• YOUR GOAL: Show only those lines of the entries where the string "Types" is found.

━━━━━ STUDY MATERIAL

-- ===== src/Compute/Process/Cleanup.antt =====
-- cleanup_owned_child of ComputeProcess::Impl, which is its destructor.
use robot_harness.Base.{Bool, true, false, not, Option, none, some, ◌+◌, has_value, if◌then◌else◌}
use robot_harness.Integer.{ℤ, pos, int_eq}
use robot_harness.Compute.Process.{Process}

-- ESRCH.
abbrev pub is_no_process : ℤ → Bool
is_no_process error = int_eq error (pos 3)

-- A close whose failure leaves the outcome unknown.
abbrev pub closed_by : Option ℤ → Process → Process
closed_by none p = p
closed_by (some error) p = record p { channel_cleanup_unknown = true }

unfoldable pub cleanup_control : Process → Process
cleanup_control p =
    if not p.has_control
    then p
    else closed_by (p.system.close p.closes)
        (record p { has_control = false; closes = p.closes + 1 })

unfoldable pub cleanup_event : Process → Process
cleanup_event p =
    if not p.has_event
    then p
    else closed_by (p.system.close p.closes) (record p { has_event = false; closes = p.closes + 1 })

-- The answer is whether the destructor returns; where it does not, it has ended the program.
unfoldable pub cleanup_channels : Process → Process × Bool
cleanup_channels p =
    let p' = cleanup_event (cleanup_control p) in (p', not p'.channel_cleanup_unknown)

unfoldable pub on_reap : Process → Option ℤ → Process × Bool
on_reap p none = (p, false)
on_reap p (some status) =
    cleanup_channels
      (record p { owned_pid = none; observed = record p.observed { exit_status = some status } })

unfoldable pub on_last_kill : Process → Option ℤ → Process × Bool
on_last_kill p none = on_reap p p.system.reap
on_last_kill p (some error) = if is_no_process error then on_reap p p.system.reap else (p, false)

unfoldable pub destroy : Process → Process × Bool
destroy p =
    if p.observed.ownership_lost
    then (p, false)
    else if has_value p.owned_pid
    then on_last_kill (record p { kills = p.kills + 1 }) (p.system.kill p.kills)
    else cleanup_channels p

━━━━━━━━━━
━━━━━ STUDY MATERIAL

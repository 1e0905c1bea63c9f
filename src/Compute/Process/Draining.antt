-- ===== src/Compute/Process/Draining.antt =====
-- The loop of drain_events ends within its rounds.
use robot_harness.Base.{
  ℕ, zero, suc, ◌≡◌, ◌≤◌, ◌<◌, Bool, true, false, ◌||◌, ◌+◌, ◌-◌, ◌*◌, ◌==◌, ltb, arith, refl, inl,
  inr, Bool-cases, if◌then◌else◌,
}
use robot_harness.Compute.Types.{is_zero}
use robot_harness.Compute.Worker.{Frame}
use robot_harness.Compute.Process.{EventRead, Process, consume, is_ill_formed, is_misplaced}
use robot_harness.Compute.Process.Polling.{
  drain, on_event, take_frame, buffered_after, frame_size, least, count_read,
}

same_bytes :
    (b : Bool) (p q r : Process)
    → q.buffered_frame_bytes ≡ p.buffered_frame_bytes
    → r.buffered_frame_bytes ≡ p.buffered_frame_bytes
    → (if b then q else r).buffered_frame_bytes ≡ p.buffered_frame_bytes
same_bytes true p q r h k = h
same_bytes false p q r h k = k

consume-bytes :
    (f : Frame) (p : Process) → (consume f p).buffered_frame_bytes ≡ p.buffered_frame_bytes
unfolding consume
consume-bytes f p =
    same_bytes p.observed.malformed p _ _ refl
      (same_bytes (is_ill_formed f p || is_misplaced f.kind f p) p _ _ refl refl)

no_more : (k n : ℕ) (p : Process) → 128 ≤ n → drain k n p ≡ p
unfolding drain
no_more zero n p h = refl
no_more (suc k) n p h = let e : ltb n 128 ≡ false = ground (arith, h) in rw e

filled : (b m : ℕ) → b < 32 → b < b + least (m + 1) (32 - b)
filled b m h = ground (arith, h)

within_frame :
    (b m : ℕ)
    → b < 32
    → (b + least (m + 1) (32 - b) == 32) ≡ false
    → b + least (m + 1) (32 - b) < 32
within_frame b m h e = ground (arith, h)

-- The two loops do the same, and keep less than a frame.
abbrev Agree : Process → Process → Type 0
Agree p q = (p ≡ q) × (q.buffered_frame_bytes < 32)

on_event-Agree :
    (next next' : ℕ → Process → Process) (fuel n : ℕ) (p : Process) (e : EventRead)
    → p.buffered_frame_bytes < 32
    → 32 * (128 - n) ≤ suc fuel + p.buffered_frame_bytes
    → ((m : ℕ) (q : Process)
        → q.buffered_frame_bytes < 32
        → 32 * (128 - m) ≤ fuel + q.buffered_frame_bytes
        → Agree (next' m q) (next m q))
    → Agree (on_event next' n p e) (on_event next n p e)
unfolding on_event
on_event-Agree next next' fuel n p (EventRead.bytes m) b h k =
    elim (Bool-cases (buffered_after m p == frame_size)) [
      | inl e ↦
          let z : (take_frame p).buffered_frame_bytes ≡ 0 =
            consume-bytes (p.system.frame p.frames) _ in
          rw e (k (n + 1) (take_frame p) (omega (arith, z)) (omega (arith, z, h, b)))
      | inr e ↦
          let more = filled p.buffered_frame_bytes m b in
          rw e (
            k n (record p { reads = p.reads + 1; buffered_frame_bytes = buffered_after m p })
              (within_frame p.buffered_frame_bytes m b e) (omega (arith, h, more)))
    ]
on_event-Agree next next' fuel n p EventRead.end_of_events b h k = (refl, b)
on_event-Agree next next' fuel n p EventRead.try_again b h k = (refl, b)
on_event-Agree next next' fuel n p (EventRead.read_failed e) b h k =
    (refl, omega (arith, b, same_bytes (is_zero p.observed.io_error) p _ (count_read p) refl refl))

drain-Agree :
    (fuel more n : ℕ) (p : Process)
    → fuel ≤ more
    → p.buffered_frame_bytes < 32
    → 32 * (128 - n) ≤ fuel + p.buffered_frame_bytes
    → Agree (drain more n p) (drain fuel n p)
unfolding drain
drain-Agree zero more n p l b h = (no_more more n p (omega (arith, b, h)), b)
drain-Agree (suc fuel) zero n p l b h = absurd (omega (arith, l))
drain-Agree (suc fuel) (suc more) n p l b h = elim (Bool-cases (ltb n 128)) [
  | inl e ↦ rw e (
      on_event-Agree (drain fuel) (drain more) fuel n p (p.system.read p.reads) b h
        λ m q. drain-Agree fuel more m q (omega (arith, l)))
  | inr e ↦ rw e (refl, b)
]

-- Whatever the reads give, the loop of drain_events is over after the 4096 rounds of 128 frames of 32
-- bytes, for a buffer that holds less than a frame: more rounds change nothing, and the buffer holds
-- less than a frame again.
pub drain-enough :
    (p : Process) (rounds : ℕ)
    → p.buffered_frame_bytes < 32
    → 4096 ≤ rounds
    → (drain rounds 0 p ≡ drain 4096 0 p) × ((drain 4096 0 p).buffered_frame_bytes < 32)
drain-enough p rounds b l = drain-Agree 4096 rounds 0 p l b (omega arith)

━━━━━━━━━━
━━━━━ STUDY MATERIAL

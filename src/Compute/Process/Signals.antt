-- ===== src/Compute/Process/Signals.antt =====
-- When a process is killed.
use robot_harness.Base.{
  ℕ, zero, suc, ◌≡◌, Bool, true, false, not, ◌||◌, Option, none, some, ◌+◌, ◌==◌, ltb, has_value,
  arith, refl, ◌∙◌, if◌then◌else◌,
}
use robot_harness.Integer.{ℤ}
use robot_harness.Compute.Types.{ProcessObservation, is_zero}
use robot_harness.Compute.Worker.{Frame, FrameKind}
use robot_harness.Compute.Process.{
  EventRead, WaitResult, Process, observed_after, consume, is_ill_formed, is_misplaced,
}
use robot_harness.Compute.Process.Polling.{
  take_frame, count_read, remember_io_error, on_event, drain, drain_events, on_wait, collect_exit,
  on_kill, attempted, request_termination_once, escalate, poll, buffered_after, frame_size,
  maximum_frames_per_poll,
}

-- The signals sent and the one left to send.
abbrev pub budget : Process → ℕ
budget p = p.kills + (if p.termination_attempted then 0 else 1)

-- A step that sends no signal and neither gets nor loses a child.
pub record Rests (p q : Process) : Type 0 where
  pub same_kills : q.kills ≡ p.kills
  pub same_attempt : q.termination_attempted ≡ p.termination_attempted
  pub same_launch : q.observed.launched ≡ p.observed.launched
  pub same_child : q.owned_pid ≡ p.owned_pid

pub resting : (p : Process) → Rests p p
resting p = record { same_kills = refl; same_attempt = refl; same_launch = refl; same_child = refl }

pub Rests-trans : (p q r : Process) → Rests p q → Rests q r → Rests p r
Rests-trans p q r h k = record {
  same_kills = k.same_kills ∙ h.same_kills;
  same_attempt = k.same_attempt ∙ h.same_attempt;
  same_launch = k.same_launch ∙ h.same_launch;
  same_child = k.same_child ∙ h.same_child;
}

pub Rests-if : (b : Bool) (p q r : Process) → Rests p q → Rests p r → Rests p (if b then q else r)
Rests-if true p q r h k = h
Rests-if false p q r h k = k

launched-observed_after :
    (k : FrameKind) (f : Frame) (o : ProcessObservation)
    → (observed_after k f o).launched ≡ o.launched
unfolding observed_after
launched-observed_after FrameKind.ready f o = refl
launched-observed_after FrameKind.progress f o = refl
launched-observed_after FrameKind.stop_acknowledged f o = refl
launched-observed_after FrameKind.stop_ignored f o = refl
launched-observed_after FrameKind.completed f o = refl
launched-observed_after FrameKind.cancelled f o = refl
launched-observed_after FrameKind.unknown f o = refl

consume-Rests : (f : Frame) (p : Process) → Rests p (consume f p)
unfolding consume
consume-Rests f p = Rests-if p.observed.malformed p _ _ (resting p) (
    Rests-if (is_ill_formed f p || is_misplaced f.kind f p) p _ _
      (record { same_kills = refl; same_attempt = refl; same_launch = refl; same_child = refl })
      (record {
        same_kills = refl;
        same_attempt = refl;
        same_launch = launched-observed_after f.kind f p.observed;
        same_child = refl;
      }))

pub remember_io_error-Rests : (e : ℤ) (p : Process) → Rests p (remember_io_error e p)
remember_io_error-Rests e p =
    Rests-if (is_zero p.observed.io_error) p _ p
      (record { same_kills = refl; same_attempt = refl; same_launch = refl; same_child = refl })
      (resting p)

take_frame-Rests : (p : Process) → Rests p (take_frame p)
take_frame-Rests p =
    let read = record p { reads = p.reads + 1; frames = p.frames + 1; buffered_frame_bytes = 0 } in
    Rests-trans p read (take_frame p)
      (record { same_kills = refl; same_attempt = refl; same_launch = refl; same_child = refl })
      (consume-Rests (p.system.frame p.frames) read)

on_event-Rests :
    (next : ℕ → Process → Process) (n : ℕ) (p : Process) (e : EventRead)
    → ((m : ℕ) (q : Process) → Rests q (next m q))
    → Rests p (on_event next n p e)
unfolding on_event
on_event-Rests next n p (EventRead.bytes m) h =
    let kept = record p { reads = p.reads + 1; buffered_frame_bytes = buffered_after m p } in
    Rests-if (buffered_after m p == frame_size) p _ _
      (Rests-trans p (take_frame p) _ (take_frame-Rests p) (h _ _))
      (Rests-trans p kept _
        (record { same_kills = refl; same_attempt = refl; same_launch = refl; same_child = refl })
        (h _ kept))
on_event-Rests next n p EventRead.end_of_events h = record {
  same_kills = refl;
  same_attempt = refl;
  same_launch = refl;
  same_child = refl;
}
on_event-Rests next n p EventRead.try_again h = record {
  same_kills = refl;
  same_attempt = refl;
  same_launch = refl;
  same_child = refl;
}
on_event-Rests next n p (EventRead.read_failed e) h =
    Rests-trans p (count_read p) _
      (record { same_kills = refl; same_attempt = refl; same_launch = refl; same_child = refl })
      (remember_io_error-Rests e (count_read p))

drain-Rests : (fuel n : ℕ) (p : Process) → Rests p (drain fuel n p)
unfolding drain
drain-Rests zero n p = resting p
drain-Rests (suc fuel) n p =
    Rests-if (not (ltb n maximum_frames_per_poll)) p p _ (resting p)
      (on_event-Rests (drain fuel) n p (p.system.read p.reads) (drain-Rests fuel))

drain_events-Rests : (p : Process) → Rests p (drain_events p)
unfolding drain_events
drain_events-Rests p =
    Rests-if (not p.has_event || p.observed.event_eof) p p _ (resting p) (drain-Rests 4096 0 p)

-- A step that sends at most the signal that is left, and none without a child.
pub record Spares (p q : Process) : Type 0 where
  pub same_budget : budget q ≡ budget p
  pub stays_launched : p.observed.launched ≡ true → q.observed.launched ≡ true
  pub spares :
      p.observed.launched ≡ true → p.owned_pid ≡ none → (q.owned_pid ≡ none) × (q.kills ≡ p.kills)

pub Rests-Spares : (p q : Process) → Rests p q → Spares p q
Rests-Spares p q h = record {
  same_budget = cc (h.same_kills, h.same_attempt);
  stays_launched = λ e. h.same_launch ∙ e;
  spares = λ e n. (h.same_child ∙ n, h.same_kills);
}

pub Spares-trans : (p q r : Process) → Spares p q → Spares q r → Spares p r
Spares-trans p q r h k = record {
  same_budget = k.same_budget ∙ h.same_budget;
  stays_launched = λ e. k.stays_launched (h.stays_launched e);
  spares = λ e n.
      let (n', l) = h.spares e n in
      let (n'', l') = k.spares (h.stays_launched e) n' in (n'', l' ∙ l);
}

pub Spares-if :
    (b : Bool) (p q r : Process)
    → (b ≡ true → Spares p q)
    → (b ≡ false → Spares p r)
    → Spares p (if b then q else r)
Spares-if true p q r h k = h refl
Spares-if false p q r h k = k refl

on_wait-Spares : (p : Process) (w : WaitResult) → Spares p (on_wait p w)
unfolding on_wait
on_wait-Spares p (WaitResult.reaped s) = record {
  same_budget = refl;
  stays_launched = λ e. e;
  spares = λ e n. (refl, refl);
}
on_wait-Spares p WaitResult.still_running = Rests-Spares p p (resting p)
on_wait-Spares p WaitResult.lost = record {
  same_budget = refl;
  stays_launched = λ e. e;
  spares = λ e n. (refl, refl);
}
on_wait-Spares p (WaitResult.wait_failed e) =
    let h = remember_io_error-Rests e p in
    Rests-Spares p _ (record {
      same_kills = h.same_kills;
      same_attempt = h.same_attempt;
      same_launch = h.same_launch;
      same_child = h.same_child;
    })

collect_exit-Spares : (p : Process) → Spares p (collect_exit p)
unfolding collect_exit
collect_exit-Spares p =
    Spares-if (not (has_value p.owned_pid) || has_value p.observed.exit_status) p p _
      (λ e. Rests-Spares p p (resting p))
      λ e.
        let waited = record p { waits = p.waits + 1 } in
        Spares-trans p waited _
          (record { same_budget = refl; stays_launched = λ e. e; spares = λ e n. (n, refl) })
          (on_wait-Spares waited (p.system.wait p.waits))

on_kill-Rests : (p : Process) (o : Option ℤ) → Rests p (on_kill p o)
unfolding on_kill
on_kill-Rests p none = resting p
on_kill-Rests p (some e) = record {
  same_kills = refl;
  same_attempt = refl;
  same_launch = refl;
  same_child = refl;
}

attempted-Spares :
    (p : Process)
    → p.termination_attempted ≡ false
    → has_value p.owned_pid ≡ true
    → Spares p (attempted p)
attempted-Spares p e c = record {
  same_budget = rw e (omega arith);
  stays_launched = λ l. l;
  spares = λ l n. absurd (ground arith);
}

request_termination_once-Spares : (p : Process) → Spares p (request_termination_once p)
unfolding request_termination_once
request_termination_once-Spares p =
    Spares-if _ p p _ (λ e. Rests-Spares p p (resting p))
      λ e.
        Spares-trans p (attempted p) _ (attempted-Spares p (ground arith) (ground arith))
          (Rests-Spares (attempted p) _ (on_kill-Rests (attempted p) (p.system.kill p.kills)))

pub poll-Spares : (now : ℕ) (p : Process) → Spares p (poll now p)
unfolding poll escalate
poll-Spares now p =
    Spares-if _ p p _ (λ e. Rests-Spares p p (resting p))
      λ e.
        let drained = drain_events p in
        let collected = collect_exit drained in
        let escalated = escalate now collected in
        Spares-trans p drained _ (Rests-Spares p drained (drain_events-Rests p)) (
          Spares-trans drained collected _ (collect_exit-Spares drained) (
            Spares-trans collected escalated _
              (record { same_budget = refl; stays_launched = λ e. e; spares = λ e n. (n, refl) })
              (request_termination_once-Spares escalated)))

━━━━━━━━━━

• WRITTEN ANSWER:
use robot_harness.Compute.Types.{is_zero}
use robot_harness.Compute.Types.{ProcessObservation, is_zero}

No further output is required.